» **Task brief**
Going line by line through the records below, count those containing the word "null", then give only the count.

» **Stored entries**
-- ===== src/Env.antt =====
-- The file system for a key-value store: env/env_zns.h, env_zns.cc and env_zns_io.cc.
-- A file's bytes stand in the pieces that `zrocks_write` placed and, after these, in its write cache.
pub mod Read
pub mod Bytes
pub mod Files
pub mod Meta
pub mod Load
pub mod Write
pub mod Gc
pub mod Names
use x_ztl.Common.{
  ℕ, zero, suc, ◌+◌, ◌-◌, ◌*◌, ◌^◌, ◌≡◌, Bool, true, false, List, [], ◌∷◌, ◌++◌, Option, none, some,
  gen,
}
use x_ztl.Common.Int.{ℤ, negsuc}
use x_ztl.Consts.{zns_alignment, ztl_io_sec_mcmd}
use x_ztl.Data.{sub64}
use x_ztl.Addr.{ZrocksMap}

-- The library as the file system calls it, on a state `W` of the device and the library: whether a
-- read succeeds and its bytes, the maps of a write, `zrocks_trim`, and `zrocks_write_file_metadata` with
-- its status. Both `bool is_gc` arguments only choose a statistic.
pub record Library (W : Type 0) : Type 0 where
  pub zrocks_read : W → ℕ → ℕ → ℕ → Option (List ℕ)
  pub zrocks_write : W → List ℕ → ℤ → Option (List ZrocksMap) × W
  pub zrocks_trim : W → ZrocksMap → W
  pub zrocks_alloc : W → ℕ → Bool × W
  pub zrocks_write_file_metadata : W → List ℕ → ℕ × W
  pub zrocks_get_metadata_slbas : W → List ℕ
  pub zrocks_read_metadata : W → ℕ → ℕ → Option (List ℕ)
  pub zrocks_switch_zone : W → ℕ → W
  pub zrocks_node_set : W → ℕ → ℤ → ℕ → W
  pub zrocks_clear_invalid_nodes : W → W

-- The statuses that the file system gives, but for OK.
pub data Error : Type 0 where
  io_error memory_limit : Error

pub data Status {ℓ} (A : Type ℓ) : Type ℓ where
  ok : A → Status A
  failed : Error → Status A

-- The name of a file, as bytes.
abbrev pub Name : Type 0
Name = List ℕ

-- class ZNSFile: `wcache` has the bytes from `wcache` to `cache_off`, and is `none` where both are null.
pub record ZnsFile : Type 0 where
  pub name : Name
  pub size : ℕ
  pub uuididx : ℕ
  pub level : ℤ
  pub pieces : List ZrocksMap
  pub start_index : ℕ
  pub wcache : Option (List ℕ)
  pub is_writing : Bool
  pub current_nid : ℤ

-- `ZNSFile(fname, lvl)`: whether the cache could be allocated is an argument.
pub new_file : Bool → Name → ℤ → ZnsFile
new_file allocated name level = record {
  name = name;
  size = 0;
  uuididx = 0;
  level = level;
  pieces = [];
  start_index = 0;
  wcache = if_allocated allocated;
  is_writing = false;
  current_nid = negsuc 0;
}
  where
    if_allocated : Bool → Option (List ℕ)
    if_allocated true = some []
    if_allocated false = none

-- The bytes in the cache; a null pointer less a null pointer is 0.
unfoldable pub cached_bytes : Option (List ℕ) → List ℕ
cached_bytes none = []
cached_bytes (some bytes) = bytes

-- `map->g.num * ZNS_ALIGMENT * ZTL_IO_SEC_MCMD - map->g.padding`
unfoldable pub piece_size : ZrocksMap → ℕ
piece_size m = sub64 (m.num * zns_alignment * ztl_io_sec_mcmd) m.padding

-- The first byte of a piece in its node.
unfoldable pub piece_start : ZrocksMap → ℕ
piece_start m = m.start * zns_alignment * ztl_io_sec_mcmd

* * *

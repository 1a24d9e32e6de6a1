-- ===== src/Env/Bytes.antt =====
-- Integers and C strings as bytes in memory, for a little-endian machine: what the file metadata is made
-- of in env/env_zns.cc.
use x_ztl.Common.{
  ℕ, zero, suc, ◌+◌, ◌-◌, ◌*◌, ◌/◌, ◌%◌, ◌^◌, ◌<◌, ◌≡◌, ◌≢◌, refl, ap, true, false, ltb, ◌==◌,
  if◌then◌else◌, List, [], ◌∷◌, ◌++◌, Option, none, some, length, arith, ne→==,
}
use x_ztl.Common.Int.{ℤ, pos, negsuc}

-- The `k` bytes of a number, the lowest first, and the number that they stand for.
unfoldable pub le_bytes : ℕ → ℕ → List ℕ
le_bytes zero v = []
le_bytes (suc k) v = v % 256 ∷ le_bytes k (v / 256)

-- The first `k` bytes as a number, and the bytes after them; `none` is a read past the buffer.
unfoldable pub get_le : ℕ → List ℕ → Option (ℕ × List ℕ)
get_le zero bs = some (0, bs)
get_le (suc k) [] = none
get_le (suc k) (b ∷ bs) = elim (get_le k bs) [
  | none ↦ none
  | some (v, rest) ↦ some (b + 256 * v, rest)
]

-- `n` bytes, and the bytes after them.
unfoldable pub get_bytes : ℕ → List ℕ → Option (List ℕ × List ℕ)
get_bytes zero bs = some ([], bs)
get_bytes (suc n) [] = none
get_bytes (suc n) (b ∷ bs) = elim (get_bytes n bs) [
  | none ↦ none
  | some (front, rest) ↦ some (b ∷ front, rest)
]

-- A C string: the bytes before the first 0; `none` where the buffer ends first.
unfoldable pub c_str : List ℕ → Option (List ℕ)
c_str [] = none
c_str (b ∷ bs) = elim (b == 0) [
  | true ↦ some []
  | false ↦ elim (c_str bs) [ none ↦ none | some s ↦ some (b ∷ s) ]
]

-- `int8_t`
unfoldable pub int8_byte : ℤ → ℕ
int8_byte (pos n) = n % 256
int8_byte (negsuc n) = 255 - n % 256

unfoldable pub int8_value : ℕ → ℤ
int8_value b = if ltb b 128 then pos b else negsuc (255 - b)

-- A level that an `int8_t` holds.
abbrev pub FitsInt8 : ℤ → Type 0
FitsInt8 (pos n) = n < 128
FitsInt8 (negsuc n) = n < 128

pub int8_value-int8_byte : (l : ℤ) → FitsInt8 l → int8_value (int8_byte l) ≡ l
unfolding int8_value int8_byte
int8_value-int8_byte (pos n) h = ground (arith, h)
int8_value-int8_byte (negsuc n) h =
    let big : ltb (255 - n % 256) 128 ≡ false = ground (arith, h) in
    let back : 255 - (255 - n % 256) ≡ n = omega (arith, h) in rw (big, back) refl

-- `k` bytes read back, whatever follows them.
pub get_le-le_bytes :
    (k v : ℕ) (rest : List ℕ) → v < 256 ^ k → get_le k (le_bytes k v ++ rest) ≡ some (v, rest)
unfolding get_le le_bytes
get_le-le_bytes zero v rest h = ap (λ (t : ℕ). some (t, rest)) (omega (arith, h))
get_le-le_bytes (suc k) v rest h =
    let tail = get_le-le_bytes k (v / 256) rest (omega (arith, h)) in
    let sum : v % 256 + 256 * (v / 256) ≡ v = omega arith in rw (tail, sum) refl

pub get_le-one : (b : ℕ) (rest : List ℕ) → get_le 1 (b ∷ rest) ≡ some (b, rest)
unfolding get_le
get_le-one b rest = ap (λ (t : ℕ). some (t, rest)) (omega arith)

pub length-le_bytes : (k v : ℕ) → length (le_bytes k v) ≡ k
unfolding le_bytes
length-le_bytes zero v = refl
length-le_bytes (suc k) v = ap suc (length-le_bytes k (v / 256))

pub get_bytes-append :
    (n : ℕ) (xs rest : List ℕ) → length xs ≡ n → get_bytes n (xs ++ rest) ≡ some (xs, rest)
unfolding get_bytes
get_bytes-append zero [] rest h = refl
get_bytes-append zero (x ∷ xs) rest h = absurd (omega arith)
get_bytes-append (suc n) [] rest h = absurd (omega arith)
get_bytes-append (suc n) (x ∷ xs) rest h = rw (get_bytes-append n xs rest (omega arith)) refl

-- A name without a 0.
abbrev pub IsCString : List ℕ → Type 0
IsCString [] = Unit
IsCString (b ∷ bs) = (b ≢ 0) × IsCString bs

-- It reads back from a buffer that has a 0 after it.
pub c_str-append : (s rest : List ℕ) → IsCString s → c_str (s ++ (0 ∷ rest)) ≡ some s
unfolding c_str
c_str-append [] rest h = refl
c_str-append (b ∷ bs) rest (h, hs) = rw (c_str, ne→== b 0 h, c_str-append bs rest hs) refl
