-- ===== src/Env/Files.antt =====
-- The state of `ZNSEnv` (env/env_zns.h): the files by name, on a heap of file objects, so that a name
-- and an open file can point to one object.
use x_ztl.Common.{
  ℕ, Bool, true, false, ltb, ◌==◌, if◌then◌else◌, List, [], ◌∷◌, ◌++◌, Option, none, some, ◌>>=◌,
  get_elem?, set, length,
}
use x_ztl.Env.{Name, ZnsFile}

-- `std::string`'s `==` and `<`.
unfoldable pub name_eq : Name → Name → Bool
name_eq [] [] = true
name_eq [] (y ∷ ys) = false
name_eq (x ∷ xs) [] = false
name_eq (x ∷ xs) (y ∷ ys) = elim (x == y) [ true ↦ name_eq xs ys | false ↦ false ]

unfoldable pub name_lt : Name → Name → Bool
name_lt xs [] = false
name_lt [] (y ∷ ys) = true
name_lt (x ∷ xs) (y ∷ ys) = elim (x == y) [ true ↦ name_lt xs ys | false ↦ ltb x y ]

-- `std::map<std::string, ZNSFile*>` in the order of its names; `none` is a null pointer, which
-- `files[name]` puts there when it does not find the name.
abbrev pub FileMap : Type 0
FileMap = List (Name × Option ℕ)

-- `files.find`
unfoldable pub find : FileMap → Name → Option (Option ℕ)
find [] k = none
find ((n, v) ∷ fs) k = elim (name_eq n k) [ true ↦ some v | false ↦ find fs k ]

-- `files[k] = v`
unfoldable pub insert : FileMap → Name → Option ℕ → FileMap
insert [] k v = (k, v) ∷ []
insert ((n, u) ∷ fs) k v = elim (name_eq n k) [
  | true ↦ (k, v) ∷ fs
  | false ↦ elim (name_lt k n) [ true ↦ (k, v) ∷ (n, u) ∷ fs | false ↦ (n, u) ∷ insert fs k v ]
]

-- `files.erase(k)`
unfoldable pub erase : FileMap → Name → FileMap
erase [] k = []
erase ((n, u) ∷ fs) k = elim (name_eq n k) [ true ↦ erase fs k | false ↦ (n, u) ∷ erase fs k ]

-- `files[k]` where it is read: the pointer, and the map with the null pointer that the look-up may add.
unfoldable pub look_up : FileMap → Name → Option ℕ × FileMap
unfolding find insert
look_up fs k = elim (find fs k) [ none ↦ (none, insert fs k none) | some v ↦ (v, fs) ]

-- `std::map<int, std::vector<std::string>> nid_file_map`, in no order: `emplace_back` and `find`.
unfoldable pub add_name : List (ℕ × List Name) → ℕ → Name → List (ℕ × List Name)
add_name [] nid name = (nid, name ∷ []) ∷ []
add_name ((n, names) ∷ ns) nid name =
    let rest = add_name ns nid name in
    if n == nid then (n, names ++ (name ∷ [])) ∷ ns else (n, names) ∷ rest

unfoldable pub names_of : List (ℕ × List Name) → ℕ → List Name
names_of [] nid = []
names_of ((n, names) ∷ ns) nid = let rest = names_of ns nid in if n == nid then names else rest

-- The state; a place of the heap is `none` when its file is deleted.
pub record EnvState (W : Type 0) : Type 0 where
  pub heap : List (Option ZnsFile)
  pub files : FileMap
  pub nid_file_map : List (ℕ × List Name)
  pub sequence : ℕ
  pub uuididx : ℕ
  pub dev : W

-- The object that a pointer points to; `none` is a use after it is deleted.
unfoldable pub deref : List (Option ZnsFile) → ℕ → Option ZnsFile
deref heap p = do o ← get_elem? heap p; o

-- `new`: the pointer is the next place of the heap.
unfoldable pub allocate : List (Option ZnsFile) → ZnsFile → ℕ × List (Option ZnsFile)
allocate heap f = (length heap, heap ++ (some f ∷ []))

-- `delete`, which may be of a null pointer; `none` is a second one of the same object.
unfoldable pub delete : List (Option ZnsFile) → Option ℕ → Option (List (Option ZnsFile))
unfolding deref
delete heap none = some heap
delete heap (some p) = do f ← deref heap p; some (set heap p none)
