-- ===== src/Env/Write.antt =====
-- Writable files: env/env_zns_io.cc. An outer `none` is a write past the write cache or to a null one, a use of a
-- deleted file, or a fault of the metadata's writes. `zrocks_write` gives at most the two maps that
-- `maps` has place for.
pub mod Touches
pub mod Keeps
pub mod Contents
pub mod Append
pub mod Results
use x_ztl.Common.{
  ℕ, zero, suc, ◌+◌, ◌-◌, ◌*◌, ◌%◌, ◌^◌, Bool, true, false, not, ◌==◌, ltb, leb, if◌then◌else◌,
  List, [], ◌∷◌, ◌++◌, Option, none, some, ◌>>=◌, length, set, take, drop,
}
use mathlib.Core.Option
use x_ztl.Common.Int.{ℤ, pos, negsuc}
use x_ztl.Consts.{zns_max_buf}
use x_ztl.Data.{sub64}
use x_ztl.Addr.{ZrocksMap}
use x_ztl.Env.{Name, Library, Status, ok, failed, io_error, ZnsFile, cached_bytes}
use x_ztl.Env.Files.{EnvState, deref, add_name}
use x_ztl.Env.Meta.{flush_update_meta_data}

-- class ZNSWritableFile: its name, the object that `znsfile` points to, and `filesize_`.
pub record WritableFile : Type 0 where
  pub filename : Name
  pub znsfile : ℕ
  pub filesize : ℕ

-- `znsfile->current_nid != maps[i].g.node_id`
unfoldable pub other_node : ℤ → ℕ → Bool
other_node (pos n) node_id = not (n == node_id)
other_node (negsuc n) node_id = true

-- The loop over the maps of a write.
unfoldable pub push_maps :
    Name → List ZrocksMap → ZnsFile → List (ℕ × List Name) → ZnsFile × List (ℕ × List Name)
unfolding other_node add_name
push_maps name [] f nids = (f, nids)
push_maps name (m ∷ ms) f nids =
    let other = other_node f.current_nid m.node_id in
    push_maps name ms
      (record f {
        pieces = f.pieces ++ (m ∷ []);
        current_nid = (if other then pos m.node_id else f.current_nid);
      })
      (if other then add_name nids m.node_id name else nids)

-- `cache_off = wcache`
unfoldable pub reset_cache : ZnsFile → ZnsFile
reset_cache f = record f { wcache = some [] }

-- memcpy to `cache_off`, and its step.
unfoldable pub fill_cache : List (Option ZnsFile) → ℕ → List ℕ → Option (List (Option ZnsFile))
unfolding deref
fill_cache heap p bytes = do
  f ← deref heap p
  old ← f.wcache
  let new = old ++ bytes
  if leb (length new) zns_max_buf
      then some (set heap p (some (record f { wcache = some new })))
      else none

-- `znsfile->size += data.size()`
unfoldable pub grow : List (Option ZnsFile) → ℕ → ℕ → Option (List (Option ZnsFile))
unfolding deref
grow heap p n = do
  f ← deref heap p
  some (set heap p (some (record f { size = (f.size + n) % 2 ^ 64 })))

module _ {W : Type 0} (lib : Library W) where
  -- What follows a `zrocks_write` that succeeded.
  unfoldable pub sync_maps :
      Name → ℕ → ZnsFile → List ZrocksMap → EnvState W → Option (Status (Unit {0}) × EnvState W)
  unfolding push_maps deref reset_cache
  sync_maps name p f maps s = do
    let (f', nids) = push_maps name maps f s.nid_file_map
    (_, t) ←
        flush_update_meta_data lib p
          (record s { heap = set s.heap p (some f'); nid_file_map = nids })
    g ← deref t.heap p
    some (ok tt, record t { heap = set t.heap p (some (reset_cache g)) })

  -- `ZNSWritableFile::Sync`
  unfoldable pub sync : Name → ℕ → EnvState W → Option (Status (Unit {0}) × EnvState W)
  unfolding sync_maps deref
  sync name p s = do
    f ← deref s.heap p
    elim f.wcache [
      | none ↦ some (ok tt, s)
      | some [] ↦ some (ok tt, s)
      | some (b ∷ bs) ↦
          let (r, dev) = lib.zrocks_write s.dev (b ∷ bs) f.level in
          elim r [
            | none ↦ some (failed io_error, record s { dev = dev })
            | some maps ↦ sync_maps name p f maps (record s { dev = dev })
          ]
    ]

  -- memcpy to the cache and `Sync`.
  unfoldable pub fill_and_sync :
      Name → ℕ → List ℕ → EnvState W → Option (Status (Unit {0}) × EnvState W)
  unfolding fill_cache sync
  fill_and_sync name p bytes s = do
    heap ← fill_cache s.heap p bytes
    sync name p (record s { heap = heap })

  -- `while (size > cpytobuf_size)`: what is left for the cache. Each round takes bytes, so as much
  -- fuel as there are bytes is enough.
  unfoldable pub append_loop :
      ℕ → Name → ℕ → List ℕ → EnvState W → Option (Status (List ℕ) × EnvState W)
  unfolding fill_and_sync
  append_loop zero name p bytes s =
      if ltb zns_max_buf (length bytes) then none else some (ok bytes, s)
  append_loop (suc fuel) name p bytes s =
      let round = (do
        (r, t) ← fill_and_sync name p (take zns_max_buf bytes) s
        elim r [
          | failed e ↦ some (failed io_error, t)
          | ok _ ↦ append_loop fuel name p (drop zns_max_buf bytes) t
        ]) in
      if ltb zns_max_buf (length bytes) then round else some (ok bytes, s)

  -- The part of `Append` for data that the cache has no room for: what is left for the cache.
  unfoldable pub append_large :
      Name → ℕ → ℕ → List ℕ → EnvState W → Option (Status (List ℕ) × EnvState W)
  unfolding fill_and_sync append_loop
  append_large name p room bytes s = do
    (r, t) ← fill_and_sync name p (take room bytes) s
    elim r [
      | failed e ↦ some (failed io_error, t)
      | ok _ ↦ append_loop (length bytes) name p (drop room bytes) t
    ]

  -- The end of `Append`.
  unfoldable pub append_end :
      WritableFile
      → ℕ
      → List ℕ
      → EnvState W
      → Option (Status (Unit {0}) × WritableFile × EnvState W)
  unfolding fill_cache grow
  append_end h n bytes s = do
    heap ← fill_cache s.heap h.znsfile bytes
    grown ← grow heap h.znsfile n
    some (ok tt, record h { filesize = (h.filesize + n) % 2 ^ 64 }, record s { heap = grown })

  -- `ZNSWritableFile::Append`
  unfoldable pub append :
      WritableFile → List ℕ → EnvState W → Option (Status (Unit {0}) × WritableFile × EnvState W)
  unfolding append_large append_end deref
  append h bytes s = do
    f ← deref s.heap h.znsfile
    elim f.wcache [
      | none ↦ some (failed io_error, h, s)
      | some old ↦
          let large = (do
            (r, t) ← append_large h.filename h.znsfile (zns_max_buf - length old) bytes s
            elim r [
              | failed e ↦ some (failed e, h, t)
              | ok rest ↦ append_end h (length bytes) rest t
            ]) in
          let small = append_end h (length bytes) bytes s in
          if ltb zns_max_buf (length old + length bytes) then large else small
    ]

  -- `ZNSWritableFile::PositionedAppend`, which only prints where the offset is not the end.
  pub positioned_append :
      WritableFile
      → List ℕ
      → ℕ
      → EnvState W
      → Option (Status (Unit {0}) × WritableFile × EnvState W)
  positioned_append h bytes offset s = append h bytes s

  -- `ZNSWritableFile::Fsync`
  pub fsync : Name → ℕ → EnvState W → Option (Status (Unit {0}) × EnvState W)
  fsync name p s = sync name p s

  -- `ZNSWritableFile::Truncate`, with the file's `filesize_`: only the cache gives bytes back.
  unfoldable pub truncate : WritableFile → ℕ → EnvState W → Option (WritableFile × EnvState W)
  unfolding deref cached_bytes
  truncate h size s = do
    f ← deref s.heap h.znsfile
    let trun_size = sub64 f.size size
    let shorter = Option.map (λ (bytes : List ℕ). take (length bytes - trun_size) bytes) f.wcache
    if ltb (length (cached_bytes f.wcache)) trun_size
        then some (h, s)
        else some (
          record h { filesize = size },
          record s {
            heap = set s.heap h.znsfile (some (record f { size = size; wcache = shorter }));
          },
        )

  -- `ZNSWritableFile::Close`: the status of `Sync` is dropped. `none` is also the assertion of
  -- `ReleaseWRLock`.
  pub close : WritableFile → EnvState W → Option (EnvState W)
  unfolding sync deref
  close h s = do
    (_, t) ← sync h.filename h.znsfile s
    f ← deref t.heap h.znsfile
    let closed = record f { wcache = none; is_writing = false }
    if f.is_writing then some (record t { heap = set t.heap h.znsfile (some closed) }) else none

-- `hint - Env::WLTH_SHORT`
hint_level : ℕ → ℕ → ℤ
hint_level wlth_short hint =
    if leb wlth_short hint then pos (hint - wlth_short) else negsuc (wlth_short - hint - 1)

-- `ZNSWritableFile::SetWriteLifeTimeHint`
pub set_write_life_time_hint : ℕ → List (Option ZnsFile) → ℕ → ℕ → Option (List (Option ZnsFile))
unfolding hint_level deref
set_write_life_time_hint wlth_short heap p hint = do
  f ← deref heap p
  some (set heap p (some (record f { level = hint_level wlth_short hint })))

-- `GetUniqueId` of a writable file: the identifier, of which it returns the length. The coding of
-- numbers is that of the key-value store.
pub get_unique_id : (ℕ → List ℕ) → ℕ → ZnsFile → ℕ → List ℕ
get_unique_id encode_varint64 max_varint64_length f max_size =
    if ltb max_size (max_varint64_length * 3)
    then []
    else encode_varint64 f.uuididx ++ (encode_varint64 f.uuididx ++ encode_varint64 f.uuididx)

...

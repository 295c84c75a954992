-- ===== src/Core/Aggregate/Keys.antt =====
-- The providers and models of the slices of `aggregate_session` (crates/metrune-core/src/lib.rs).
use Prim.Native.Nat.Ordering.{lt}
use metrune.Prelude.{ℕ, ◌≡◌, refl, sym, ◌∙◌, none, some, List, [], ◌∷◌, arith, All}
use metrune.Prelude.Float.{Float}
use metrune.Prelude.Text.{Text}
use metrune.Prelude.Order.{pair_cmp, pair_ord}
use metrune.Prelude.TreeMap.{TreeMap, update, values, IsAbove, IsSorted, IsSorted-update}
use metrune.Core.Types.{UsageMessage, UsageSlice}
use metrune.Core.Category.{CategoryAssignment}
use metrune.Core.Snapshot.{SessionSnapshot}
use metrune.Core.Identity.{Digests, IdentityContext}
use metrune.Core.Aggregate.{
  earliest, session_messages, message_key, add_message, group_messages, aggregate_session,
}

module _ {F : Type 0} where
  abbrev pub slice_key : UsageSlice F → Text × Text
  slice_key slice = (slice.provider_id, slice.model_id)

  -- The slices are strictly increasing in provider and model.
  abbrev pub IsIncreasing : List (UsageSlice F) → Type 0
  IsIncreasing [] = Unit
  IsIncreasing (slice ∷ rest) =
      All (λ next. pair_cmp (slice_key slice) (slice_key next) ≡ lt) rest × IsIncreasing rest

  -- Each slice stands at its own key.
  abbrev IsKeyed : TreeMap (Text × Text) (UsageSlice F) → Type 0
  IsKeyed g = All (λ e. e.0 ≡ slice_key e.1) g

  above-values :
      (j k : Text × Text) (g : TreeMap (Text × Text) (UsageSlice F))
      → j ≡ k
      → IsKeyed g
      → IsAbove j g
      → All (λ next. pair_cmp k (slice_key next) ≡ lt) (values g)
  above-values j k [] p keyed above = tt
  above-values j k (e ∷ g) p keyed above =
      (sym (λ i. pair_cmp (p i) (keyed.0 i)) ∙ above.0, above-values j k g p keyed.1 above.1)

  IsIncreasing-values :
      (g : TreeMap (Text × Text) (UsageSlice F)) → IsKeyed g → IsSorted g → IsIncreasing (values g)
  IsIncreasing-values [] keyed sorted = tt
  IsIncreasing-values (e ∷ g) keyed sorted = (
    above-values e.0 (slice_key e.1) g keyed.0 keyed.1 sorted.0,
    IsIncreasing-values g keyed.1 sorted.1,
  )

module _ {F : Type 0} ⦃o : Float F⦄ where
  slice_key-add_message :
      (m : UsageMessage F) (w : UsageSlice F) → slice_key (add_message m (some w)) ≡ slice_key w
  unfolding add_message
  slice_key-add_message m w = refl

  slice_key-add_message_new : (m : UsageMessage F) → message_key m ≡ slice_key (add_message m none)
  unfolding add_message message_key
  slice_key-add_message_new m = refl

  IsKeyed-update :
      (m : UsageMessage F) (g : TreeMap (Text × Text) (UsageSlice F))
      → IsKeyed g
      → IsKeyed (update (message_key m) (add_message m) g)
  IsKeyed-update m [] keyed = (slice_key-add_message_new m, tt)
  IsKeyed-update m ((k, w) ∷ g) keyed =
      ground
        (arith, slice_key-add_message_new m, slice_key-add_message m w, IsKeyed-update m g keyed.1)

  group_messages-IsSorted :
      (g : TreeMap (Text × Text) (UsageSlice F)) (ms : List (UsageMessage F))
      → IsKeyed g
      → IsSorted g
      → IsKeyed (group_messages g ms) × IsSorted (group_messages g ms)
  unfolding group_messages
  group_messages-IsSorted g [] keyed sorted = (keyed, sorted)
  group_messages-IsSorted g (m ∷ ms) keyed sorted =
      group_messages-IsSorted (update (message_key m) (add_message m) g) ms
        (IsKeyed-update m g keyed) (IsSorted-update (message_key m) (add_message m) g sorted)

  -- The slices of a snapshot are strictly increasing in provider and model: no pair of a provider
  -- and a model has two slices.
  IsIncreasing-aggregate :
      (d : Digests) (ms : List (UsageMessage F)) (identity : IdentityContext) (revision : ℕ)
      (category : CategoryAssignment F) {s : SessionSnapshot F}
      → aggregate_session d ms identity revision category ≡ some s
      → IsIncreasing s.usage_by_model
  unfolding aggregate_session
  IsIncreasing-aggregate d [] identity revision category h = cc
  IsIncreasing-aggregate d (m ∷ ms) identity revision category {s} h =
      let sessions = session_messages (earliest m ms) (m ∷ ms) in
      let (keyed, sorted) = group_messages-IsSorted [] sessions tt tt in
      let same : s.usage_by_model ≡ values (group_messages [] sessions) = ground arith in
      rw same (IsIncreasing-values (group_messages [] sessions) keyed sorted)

» **Solution**
6